TSMC may be moving into solar cells
By Michael W. Jones
Semiconductor chip manufacturing is finally becoming a maturing technology, which may lead some current giants in the field to seek new growth markets in which to operate, such as building solar cells.
Taiwan Semiconductor Manufacturing (TSMC), the giant of silicon chip manufacturing business and one of the firms responsible for the steady drop in chip prices over the last twenty years, may be about to duplicate that feat in another industry. TSMC is the world’s largest dedicated independent semiconductor foundry, producing chops to the designs of companies such as Qualcomm, AMD, Altera, Broadcom, Conexant, Marvell, NVIDIA, VIA, and Intel.
The economies of scale made possible by giant silicon factories such as TSMC and others have resulted in the tumbling prices of computer chips of all kinds over the last two decades, allowing us to build more and more sophisticated technological devices at costs that enable their worldwide, affordable introduction to consumers. The growth of the semiconductor marketplace has slowed, leading TSMC, and other similar firms, to look into expanding into other technologies.
TSMC, for one, is looking at expanding into the solar cell and LED lamp manufacturing business, according to a New York Times story. Solar cells (also called photovoltaic cells) are devices that convert light directly into electricity via the photovoltaic effect. LED lamps are a type of solid state lighting that uses light-emitting diodes as the source of the light. Both of these technologies are important components of the green manufacturing and use of electricity. Both are too expensive today to achieve their true potential.

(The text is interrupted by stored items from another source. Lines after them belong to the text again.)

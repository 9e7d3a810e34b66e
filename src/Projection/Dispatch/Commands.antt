-- ===== src/Projection/Dispatch/Commands.antt =====
-- What the buckets of commands hold after the loop of `projectReadonlyAssistantThread`
-- (web/src/lib/assistant-projection.ts), told from the events alone.
use codex_mcp_ui.Common.{
  ℕ, suc, String, ◌≡◌, refl, ap, ◌∙◌, Bool, true, false, Option, none, some, List, [], ◌∷◌, ◌==◌,
  eq_iff, if◌then◌else◌, Bool-cases, inl, inr, select, last?,
}
use codex_mcp_ui.Common.Table.{Table, get}
use codex_mcp_ui.Common.{last_after-none}
use codex_mcp_ui.Event.{EventRecord}
use codex_mcp_ui.Projection.Access.{bucket_id}
use codex_mcp_ui.Projection.Parts.{ExecBucket, PairBucket}
use codex_mcp_ui.Projection.Buckets.{change_bucket, empty_exec}
use codex_mcp_ui.Projection.Buckets.Laws.{get-change_bucket}
use codex_mcp_ui.Projection.Switch.{PairKind, Case, case_of}
use codex_mcp_ui.Projection.Dispatch.CommandParts.{
  CommandPart, begin, output, interaction, end, part_of, is_command, command_met,
  value_or-command_met, Held, bucket_of, add, add_if, met_some, noted, note, note_all, note_all-b,
  note_all-e, note_all-os, note_all-ts,
}
use codex_mcp_ui.Projection.Dispatch.Default.{default_for-IsOf}
use codex_mcp_ui.Projection.Dispatch.{
  Projection, empty_projection, set_pair_buckets, project_default, project_case, project_event,
  project_events, is_skipped,
}

pub execs-set_pair_buckets :
    (p : Projection) (kind : PairKind) (m : Table PairBucket)
    → (set_pair_buckets p kind m).exec_buckets ≡ p.exec_buckets
unfolding set_pair_buckets
execs-set_pair_buckets p PairKind.mcp_tool m = refl
execs-set_pair_buckets p PairKind.web_search m = refl
execs-set_pair_buckets p PairKind.image_generation m = refl
execs-set_pair_buckets p PairKind.patch m = refl
execs-set_pair_buckets p PairKind.dynamic_tool m = refl
execs-set_pair_buckets p PairKind.collab_spawn m = refl
execs-set_pair_buckets p PairKind.collab_interaction m = refl
execs-set_pair_buckets p PairKind.collab_wait m = refl
execs-set_pair_buckets p PairKind.collab_close m = refl
execs-set_pair_buckets p PairKind.collab_resume m = refl

module _ (p : Projection) (event : EventRecord) (index : ℕ) (id : String) (h : Held)
    (before : get p.exec_buckets id ≡ bucket_of h) where
  abbrev After : Table ExecBucket → Option CommandPart → Type 0
  After execs part = get execs id ≡ bucket_of (add_if (bucket_id event == id) event part h)

  kept-After : (execs : Table ExecBucket) → execs ≡ p.exec_buckets → After execs none
  kept-After execs same = ap (λ m. get m id) same ∙ before ∙ if_same (bucket_id event == id)
    where
      if_same : (c : Bool) → bucket_of h ≡ bucket_of (if c then h else h)
      if_same true = refl
      if_same false = refl

  change-After :
      (part : CommandPart) (f : ExecBucket → ExecBucket)
      → some (f (record { begin = h.b; outputs = h.os; interactions = h.ts; end = h.e }))
        ≡ bucket_of (add event (some part) h)
      → After (change_bucket p.exec_buckets (bucket_id event) empty_exec f) (some part)
  change-After part f adds = elim (Bool-cases (bucket_id event == id)) [
    | inl same_id ↦
        let own = (eq_iff (bucket_id event) id).0 same_id in
        rw (get-change_bucket, same_id, own, before, value_or-command_met) adds
    | inr other ↦ rw (get-change_bucket, other) before
  ]

  case-After : (c : Case) → After (project_case p event index c).exec_buckets (part_of c)
  unfolding project_case project_default
  case-After Case.user_message = kept-After _ refl
  case-After Case.agent_message = kept-After _ refl
  case-After Case.agent_reasoning = kept-After _ refl
  case-After Case.agent_reasoning_raw_content = kept-After _ refl
  case-After Case.message_delta = kept-After _ refl
  case-After Case.reasoning_delta = kept-After _ refl
  case-After Case.raw_content_delta = kept-After _ refl
  case-After Case.section_break = kept-After _ refl
  case-After Case.exec_begin = change-After begin _ (met_some event begin h.b h.os h.ts h.e)
  case-After Case.exec_output = change-After output _ (met_some event output h.b h.os h.ts h.e)
  case-After Case.exec_interaction =
      change-After interaction _ (met_some event interaction h.b h.os h.ts h.e)
  case-After Case.exec_end = change-After end _ (met_some event end h.b h.os h.ts h.e)
  case-After (Case.pair_begin k) = kept-After _ (execs-set_pair_buckets p k _)
  case-After (Case.pair_end k) = kept-After _ (execs-set_pair_buckets p k _)
  case-After Case.view_image = kept-After _ refl
  case-After Case.plan_update = kept-After _ refl
  case-After Case.plan_delta = kept-After _ refl
  case-After Case.default =
      kept-After _ (ap (λ q. q.exec_buckets) (default_for-IsOf p event index event.event_type).1)

event-note :
    (p : Projection) (event : EventRecord) (index : ℕ) (id : String) (h : Held)
    → get p.exec_buckets id ≡ bucket_of h
    → get (project_event p event index).exec_buckets id ≡ bucket_of (note id event h)
unfolding project_event note noted
event-note p event index id h before = elim (Bool-cases (is_skipped event)) [
  | inl skipped ↦ rw skipped before
  | inr kept ↦ rw kept (case-After p event index id h before (case_of event.event_type))
]

events-note_all :
    (p : Projection) (events : List EventRecord) (index : ℕ) (id : String) (h : Held)
    → get p.exec_buckets id ≡ bucket_of h
    → get (project_events p events index).exec_buckets id ≡ bucket_of (note_all id events h)
unfolding project_events note_all
events-note_all p [] index id h before = before
events-note_all p (e ∷ es) index id h before =
    events-note_all (project_event p e index) es (suc index) id (note id e h)
      (event-note p e index id h before)

abbrev nothing : Held
nothing = record { b = none; os = []; ts = []; e = none }

-- After the loop, the bucket of a command under an id holds the last of its begin events, all its
-- outputs and all its interactions in order, and the last of its end events, among the events with
-- that bucket id that are not skipped, wherever they stood; and there is no bucket if there are none.
pub commands_met :
    (events : List EventRecord) (index : ℕ) (id : String)
    → get (project_events empty_projection events index).exec_buckets id
      ≡ command_met
          (last? (select (is_command begin id) events))
          (select (is_command output id) events)
          (select (is_command interaction id) events)
          (last? (select (is_command end id) events))
unfolding get
commands_met events index id =
    events-note_all empty_projection events index id nothing refl
    ∙ rw
        (
          note_all-b id events nothing,
          note_all-e id events nothing,
          note_all-os id events nothing,
          note_all-ts id events nothing,
          last_after-none (select (is_command begin id) events),
          last_after-none (select (is_command end id) events),
        )
        refl
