-- ===== src/Projection/Dispatch/Kinds.antt =====
-- The ten maps of begin and end events of web/src/lib/assistant-projection.ts: a write to one leaves
-- the others, and so do the branches of the loop that are not about pairs.
use codex_mcp_ui.Common.{
  ℕ, zero, suc, String, ◌≡◌, refl, sym, ap, ◌∙◌, Option, some, List, [], ◌∷◌, nat_eq, arith,
  if◌then◌else◌, get_elem?,
}
use codex_mcp_ui.Common.Table.{Table}
use codex_mcp_ui.Event.{EventRecord}
use codex_mcp_ui.Projection.Parts.{ProjectionItem, ExecBucket, PairBucket, StreamBucket}
use codex_mcp_ui.Projection.Switch.{PairKind}
use codex_mcp_ui.Projection.Dispatch.Default.{default_for-IsOf}
use codex_mcp_ui.Projection.Dispatch.{Projection, pair_buckets, set_pair_buckets, default_for}

-- Kinds are told apart by their place in the declaration.
abbrev pub position : PairKind → ℕ
position PairKind.mcp_tool = 0
position PairKind.web_search = 1
position PairKind.image_generation = 2
position PairKind.patch = 3
position PairKind.dynamic_tool = 4
position PairKind.collab_spawn = 5
position PairKind.collab_interaction = 6
position PairKind.collab_wait = 7
position PairKind.collab_close = 8
position PairKind.collab_resume = 9

fields : Projection → List (Table PairBucket)
fields p =
    p.mcp_tool_buckets ∷ p.web_search_buckets ∷ p.image_generation_buckets ∷ p.patch_buckets
    ∷ p.dynamic_tool_buckets ∷ p.collab_spawn_buckets ∷ p.collab_interaction_buckets
    ∷ p.collab_wait_buckets ∷ p.collab_close_buckets ∷ p.collab_resume_buckets ∷ []

pair_buckets-get_elem? :
    (p : Projection) (kind : PairKind)
    → get_elem? (fields p) (position kind) ≡ some (pair_buckets p kind)
unfolding pair_buckets fields
pair_buckets-get_elem? p PairKind.mcp_tool = refl
pair_buckets-get_elem? p PairKind.web_search = refl
pair_buckets-get_elem? p PairKind.image_generation = refl
pair_buckets-get_elem? p PairKind.patch = refl
pair_buckets-get_elem? p PairKind.dynamic_tool = refl
pair_buckets-get_elem? p PairKind.collab_spawn = refl
pair_buckets-get_elem? p PairKind.collab_interaction = refl
pair_buckets-get_elem? p PairKind.collab_wait = refl
pair_buckets-get_elem? p PairKind.collab_close = refl
pair_buckets-get_elem? p PairKind.collab_resume = refl

some_injective :
    {a b : Table PairBucket} → Path (Option (Table PairBucket)) (some a) (some b) → a ≡ b
some_injective h = cc

pub pair_buckets-position :
    (p : Projection) (k kind : PairKind)
    → position k ≡ position kind
    → pair_buckets p k ≡ pair_buckets p kind
pair_buckets-position p k kind same =
    let found =
      sym (pair_buckets-get_elem? p k)
      ∙ ap (get_elem? (fields p)) same
      ∙ pair_buckets-get_elem? p kind in
    some_injective found

replace {ℓ} : {A : Type ℓ} → List A → ℕ → A → List A
replace [] i a = []
replace (x ∷ xs) zero a = a ∷ xs
replace (x ∷ xs) (suc i) a = x ∷ replace xs i a

fields-set_pair_buckets :
    (p : Projection) (kind : PairKind) (m : Table PairBucket)
    → fields (set_pair_buckets p kind m) ≡ replace (fields p) (position kind) m
unfolding set_pair_buckets fields replace
fields-set_pair_buckets p PairKind.mcp_tool m = refl
fields-set_pair_buckets p PairKind.web_search m = refl
fields-set_pair_buckets p PairKind.image_generation m = refl
fields-set_pair_buckets p PairKind.patch m = refl
fields-set_pair_buckets p PairKind.dynamic_tool m = refl
fields-set_pair_buckets p PairKind.collab_spawn m = refl
fields-set_pair_buckets p PairKind.collab_interaction m = refl
fields-set_pair_buckets p PairKind.collab_wait m = refl
fields-set_pair_buckets p PairKind.collab_close m = refl
fields-set_pair_buckets p PairKind.collab_resume m = refl

get_elem?-replace {ℓ} :
    {A : Type ℓ} (xs : List A) (i j : ℕ) (a x y : A)
    → get_elem? xs i ≡ some x
    → get_elem? xs j ≡ some y
    → get_elem? (replace xs i a) j ≡ some (if nat_eq i j then a else y)
unfolding replace
get_elem?-replace [] i j a x y hi hj = cc
get_elem?-replace (z ∷ zs) zero zero a x y hi hj = refl
get_elem?-replace (z ∷ zs) zero (suc j) a x y hi hj = ground (arith, hj)
get_elem?-replace (z ∷ zs) (suc i) zero a x y hi hj = ground (arith, hj)
get_elem?-replace (z ∷ zs) (suc i) (suc j) a x y hi hj =
    ground (arith, get_elem?-replace zs i j a x y hi hj)

-- Setting the buckets of a kind leaves those of another.
pub pair_buckets-set_pair_buckets_if :
    (p : Projection) (k kind : PairKind) (m : Table PairBucket)
    → pair_buckets (set_pair_buckets p k m) kind
      ≡ (if nat_eq (position k) (position kind) then m else pair_buckets p kind)
pair_buckets-set_pair_buckets_if p k kind m = some_injective (
    sym (pair_buckets-get_elem? (set_pair_buckets p k m) kind)
    ∙ ap (λ fs. get_elem? fs (position kind)) (fields-set_pair_buckets p k m)
    ∙ get_elem?-replace (fields p) (position k) (position kind) m (pair_buckets p k)
        (pair_buckets p kind) (pair_buckets-get_elem? p k) (pair_buckets-get_elem? p kind))

-- The maps of pairs do not change with the other variables.
pub kept :
    (p : Projection) (items : List ProjectionItem) (execs : Table ExecBucket)
    (messages reasonings : Table StreamBucket) (kind : PairKind)
    → pair_buckets
        (record p {
          items = items;
          exec_buckets = execs;
          message_streams = messages;
          reasoning_streams = reasonings;
        })
        kind
      ≡ pair_buckets p kind
unfolding pair_buckets
kept p items execs messages reasonings PairKind.mcp_tool = refl
kept p items execs messages reasonings PairKind.web_search = refl
kept p items execs messages reasonings PairKind.image_generation = refl
kept p items execs messages reasonings PairKind.patch = refl
kept p items execs messages reasonings PairKind.dynamic_tool = refl
kept p items execs messages reasonings PairKind.collab_spawn = refl
kept p items execs messages reasonings PairKind.collab_interaction = refl
kept p items execs messages reasonings PairKind.collab_wait = refl
kept p items execs messages reasonings PairKind.collab_close = refl
kept p items execs messages reasonings PairKind.collab_resume = refl

pub default_for-pair_buckets :
    (p : Projection) (event : EventRecord) (index : ℕ) (kind : PairKind) (o : Option String)
    → pair_buckets (default_for p event index o) kind ≡ pair_buckets p kind
default_for-pair_buckets p event index kind o =
    let (items, same) = default_for-IsOf p event index o in
    ap (λ q. pair_buckets q kind) same ∙ kept p items _ _ _ kind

Manufactures like TSMC specialize in taking existing product designs and streamlining the manufacturing process so that they can be built less expensively. That is what they have done with the semiconductor, and that is what they can be expected to do in any industry that they enter. Thus, the maturing semiconductor business, and the resulting search for growth in other industries by for-hire semiconductor makers, may make it possible for all of us to use green sources of energy and light. This change is free-market economy at its best, and may well lead to a cleaner, brighter world.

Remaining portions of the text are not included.